_Records provided_
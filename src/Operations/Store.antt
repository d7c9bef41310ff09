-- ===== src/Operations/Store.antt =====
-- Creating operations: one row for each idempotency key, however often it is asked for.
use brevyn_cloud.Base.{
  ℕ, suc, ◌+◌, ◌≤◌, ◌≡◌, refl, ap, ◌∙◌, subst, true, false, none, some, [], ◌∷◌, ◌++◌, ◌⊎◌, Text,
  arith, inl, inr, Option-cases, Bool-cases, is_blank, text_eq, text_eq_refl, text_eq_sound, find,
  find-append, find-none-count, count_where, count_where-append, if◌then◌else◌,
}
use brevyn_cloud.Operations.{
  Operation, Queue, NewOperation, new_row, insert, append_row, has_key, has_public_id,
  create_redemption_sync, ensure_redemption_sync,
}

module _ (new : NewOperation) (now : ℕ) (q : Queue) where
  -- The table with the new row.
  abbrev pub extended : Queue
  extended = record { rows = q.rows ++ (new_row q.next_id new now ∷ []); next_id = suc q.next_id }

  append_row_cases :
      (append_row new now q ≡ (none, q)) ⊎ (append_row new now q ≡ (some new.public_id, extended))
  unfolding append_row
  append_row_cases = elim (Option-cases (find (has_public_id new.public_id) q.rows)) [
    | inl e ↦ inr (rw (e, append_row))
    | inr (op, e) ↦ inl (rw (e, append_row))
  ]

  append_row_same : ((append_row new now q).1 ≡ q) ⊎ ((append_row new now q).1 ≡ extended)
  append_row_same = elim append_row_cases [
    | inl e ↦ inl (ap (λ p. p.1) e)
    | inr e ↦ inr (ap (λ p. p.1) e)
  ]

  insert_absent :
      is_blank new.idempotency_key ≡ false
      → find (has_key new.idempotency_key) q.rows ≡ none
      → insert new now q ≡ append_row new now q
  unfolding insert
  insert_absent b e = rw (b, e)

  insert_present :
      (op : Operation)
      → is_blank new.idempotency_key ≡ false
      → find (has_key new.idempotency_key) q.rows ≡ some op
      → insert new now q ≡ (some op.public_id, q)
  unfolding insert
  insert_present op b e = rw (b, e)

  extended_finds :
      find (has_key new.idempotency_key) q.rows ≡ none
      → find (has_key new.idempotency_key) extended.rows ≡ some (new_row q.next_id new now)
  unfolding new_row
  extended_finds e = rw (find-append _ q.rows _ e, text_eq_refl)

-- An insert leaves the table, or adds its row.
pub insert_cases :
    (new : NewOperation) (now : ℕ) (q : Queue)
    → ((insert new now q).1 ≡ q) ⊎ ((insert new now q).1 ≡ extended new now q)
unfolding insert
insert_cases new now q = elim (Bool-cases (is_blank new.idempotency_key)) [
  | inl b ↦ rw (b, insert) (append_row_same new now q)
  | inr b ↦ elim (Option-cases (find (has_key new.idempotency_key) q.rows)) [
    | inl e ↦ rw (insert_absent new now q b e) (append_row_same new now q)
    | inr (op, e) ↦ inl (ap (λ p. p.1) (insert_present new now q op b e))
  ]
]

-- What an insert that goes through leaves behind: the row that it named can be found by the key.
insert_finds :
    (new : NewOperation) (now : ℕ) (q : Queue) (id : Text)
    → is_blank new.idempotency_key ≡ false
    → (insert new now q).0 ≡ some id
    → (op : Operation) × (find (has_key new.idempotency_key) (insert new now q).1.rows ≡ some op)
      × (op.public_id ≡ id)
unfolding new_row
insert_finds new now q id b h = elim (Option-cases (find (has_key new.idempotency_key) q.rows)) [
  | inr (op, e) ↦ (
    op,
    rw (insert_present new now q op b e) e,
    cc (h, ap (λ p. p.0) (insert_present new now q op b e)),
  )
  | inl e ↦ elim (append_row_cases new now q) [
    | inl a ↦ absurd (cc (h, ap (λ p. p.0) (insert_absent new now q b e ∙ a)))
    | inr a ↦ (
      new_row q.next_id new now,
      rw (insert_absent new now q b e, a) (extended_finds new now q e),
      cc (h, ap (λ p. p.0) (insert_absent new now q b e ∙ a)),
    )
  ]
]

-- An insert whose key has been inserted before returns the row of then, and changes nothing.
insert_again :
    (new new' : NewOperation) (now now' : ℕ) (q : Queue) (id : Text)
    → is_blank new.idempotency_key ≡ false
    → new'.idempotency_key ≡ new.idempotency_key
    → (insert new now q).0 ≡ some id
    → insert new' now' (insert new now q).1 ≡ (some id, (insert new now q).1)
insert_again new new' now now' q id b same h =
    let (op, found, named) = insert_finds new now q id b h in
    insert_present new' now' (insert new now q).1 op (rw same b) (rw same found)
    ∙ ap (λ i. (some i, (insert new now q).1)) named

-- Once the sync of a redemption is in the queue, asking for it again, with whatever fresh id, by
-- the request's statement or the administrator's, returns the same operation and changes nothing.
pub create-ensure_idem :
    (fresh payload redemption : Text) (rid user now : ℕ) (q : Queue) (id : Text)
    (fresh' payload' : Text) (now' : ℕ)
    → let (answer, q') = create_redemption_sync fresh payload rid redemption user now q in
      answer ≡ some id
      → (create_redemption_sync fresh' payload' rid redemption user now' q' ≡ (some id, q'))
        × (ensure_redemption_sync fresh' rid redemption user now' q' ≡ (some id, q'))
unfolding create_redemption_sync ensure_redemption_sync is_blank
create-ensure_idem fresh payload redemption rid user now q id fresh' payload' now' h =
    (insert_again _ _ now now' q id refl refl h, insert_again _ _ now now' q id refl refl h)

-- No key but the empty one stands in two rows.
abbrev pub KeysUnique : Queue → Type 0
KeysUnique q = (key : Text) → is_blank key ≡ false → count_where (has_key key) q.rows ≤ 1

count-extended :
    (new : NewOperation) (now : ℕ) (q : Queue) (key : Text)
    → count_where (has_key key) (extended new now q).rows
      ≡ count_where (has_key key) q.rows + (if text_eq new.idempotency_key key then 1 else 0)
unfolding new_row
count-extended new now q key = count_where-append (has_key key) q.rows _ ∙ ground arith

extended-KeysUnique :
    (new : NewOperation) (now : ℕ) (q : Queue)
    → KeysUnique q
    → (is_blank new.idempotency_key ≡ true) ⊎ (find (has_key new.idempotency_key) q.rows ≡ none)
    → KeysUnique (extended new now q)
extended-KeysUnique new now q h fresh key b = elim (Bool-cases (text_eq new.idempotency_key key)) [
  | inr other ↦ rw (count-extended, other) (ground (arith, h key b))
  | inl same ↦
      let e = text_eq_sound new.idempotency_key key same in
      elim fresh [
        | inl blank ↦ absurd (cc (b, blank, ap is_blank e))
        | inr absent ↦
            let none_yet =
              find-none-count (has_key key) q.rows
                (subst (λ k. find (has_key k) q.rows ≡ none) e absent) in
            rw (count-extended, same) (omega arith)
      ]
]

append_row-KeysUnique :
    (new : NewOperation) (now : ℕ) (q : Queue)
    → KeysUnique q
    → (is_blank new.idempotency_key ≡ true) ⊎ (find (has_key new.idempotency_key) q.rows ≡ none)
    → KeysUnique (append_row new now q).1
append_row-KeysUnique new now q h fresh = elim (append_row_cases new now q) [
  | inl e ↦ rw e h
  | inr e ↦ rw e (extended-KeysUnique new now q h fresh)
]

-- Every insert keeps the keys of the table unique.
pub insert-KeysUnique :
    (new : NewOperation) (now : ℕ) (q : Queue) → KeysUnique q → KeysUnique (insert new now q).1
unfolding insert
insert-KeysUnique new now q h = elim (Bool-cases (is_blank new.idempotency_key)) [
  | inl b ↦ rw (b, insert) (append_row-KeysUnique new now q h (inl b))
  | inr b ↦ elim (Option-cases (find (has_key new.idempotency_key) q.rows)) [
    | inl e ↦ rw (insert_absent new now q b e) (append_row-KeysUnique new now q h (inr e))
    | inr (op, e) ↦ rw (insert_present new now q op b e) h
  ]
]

--

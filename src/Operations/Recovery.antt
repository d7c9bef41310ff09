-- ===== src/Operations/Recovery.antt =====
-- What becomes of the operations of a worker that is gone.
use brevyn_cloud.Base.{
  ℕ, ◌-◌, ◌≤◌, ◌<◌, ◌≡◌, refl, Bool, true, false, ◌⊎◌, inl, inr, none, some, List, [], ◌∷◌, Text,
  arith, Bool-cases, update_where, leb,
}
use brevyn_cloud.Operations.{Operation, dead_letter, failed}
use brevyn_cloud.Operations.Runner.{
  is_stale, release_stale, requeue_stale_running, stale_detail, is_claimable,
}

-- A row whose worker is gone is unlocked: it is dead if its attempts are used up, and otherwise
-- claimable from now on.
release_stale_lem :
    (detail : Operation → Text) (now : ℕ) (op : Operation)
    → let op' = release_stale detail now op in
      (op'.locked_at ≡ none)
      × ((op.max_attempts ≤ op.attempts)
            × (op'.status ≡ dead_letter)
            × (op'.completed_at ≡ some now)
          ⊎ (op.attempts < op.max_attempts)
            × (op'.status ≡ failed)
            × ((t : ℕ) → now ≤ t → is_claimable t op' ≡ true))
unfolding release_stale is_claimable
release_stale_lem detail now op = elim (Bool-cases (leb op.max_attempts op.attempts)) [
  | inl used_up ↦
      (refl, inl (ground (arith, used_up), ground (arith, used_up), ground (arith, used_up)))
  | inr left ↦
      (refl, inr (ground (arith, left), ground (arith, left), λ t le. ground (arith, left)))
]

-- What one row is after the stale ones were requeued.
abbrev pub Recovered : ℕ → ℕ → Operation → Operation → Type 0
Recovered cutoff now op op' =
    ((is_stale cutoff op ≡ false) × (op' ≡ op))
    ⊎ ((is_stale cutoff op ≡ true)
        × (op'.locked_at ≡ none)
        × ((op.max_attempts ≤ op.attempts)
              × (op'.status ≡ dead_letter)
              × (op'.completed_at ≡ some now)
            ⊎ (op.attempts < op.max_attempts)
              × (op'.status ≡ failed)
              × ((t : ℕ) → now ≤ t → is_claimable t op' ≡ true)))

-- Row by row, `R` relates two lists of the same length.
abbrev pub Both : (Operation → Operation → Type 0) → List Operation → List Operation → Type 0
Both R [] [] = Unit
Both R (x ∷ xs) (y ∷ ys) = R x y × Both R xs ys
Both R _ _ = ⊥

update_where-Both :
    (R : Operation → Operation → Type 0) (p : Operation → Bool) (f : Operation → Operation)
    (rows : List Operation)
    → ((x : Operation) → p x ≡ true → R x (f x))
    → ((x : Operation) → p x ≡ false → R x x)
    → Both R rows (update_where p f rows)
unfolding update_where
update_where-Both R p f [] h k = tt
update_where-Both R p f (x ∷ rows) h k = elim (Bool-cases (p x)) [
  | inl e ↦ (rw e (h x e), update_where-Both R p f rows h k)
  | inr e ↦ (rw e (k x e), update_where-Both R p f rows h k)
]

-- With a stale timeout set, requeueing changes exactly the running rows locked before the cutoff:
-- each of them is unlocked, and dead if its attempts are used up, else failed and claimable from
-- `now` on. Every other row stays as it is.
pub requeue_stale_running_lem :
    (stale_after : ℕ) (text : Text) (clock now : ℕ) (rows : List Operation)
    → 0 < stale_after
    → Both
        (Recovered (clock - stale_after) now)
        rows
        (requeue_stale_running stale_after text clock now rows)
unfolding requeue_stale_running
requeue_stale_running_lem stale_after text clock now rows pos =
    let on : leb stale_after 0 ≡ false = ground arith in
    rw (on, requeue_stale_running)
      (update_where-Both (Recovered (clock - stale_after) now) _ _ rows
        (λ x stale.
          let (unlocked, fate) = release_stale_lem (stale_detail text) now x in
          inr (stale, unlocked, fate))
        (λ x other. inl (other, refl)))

* * *

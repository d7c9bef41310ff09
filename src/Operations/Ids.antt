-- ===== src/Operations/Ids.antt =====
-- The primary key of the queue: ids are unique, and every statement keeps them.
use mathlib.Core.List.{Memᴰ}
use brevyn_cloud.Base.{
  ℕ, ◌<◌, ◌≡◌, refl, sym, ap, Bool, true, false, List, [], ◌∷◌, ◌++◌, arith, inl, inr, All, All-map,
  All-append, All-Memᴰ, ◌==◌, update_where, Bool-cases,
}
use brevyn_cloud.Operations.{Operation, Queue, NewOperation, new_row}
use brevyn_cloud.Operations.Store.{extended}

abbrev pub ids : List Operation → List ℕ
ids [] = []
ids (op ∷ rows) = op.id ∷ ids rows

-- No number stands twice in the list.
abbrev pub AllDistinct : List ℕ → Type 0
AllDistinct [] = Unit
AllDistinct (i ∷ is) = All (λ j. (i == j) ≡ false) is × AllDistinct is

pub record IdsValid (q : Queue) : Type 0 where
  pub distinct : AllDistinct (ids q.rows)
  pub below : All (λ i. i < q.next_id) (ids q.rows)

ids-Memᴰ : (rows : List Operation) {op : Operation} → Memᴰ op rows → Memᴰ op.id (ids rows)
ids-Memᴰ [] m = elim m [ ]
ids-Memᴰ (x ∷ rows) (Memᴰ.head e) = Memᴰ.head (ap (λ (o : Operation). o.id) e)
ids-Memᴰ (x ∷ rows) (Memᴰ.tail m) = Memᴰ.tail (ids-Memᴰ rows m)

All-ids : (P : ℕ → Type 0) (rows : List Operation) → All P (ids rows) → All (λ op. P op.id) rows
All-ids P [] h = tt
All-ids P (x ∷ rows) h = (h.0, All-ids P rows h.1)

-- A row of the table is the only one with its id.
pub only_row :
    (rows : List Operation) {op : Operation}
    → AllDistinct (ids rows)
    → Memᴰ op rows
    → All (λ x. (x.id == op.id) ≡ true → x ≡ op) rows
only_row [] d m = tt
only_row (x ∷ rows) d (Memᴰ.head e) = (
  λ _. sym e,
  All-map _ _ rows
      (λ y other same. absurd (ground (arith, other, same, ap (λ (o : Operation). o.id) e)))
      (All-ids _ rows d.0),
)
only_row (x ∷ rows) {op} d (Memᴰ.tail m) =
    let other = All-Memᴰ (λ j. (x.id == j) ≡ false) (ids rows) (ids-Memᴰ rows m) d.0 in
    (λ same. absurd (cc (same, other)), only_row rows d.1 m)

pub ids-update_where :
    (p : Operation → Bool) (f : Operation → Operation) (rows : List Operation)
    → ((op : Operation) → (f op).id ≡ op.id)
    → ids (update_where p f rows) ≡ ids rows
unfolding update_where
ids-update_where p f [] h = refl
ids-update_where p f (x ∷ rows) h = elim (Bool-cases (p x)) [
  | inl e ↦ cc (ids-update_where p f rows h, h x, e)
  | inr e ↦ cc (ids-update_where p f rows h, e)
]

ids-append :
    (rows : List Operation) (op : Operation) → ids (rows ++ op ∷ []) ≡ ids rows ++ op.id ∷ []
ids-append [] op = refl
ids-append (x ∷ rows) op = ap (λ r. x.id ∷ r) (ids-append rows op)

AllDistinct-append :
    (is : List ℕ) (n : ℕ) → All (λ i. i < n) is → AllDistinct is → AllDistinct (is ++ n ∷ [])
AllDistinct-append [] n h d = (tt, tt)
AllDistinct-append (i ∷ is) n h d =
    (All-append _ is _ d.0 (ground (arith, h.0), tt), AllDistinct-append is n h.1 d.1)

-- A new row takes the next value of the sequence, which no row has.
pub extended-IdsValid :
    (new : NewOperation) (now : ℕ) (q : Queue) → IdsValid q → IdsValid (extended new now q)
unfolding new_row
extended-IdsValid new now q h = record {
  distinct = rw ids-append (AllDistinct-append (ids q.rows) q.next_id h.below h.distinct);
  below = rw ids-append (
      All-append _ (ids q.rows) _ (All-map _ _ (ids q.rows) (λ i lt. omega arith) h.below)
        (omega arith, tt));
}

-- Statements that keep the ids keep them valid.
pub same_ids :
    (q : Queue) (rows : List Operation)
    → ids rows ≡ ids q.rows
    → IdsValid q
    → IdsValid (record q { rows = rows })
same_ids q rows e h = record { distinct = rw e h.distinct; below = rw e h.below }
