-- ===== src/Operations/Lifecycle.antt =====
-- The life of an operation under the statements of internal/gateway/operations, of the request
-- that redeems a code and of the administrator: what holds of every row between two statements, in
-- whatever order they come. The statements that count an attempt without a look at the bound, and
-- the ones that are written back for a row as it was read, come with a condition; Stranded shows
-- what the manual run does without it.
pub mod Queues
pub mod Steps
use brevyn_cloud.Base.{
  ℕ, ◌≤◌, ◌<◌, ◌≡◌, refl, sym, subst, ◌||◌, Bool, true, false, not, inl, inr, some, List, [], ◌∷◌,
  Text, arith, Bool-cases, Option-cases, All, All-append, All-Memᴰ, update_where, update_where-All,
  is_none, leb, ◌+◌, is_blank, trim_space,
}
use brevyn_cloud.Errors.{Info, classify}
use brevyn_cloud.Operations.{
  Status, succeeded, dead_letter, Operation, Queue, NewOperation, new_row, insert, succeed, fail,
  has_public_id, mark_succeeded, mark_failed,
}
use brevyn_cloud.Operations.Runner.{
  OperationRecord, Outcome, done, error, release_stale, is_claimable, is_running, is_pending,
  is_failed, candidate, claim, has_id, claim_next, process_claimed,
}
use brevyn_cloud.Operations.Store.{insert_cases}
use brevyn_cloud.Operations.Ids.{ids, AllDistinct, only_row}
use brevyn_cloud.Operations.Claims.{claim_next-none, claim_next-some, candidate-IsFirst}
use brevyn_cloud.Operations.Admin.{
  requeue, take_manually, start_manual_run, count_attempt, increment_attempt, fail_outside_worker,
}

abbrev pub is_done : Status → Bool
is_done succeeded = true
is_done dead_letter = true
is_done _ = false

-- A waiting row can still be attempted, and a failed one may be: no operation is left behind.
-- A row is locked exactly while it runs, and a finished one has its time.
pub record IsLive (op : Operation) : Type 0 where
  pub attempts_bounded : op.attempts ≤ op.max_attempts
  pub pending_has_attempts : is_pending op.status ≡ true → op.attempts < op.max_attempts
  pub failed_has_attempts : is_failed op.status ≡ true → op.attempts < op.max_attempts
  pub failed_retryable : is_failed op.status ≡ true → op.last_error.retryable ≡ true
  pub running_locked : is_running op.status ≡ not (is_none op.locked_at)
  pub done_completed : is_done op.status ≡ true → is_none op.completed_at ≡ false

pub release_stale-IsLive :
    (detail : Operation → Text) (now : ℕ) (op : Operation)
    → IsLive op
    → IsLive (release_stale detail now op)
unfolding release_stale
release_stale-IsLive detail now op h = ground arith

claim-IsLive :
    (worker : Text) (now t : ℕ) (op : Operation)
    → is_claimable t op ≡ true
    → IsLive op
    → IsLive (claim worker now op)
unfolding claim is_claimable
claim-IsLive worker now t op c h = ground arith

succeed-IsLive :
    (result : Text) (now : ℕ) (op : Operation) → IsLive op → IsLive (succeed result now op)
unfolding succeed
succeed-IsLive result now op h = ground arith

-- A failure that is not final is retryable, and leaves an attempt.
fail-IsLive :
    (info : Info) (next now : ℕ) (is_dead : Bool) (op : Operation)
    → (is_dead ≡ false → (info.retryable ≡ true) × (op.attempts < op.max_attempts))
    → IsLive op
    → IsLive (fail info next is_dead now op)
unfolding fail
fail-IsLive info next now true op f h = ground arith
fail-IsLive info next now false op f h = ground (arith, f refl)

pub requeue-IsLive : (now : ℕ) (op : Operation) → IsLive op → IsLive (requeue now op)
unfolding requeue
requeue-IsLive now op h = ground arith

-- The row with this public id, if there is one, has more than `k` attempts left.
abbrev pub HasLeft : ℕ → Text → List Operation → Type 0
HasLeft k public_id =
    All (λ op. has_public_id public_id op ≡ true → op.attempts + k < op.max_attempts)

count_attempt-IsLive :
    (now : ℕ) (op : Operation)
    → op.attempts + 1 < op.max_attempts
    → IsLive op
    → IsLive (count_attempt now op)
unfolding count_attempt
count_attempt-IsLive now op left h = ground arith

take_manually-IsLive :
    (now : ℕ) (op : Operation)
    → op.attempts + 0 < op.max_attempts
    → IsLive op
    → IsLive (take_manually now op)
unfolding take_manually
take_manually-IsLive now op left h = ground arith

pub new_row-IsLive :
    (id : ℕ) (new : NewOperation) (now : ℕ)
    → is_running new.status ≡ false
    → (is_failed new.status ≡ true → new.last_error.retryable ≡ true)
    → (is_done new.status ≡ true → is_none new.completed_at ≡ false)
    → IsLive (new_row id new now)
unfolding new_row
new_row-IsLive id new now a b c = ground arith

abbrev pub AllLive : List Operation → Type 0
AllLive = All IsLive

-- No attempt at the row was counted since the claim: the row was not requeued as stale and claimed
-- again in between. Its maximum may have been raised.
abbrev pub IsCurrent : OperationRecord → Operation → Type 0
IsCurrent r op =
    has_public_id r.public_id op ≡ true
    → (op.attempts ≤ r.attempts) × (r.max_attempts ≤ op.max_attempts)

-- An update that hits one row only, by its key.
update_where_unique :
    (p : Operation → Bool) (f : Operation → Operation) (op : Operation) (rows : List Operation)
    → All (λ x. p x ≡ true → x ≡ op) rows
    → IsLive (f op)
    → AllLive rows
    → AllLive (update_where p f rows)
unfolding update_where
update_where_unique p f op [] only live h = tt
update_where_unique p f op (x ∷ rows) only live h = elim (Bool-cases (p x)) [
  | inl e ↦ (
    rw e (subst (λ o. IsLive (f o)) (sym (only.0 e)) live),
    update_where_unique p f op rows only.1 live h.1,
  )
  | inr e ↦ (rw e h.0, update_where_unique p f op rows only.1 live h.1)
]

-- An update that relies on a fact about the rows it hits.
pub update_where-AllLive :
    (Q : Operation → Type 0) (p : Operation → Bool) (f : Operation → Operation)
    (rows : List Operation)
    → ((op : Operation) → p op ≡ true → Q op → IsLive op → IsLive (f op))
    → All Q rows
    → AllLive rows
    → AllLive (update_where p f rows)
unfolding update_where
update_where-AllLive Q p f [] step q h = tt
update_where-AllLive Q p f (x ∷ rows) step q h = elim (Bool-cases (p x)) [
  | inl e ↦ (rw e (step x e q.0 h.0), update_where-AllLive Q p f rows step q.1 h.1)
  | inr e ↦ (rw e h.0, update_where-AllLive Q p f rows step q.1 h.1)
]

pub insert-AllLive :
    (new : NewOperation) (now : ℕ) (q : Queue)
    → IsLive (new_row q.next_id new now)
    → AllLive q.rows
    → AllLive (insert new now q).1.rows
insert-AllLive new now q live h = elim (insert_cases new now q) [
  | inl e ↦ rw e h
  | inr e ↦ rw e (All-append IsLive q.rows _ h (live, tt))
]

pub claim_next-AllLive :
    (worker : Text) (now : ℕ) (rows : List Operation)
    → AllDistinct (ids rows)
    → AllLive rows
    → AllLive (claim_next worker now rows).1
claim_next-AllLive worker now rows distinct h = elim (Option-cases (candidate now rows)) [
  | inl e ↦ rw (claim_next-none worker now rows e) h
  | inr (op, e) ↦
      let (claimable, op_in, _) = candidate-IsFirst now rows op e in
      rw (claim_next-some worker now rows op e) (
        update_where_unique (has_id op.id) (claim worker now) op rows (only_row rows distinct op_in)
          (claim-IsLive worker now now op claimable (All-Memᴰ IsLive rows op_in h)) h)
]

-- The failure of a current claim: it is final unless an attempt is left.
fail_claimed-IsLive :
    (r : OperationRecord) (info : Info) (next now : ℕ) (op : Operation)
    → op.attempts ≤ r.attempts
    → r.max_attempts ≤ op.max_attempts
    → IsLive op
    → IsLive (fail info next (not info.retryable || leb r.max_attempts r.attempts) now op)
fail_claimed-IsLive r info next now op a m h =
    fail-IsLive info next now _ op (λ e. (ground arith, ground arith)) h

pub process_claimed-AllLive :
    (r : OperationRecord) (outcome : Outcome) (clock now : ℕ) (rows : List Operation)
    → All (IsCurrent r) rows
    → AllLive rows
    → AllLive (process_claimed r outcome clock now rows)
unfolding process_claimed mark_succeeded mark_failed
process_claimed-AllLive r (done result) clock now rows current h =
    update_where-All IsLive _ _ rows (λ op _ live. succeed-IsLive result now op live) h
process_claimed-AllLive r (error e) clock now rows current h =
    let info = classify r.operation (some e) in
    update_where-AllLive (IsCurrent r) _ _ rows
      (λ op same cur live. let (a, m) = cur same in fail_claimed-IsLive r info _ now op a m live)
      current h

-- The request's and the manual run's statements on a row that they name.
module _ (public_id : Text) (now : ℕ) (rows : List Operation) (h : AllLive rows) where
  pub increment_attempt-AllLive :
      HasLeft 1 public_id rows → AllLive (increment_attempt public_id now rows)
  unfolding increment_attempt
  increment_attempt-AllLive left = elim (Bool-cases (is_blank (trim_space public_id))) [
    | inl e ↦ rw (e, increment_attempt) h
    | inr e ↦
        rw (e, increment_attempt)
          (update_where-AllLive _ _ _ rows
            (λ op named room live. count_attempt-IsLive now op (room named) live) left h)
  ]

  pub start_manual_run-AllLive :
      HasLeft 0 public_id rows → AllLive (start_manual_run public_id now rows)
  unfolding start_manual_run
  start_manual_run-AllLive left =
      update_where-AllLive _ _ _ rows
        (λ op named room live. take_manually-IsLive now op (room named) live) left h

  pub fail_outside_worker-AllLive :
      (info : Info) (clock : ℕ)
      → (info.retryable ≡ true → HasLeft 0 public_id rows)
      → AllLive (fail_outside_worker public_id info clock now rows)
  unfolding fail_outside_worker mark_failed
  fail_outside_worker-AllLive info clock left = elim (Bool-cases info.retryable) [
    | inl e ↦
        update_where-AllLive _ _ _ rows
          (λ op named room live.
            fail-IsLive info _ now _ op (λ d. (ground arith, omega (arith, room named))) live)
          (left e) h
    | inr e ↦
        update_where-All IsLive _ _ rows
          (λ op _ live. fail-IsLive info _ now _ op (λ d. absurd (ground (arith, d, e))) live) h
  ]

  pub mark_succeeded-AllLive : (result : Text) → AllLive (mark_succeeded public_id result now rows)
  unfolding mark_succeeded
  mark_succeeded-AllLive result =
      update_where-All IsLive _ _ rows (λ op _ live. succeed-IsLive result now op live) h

_Problem statement_
The string "whose" may occur in the listing; show every line where it does.

_Solution to this exercise_
-- An insert whose key has been inserted before returns the row of then, and changes nothing.
-- A row whose worker is gone is unlocked: it is dead if its attempts are used up, and otherwise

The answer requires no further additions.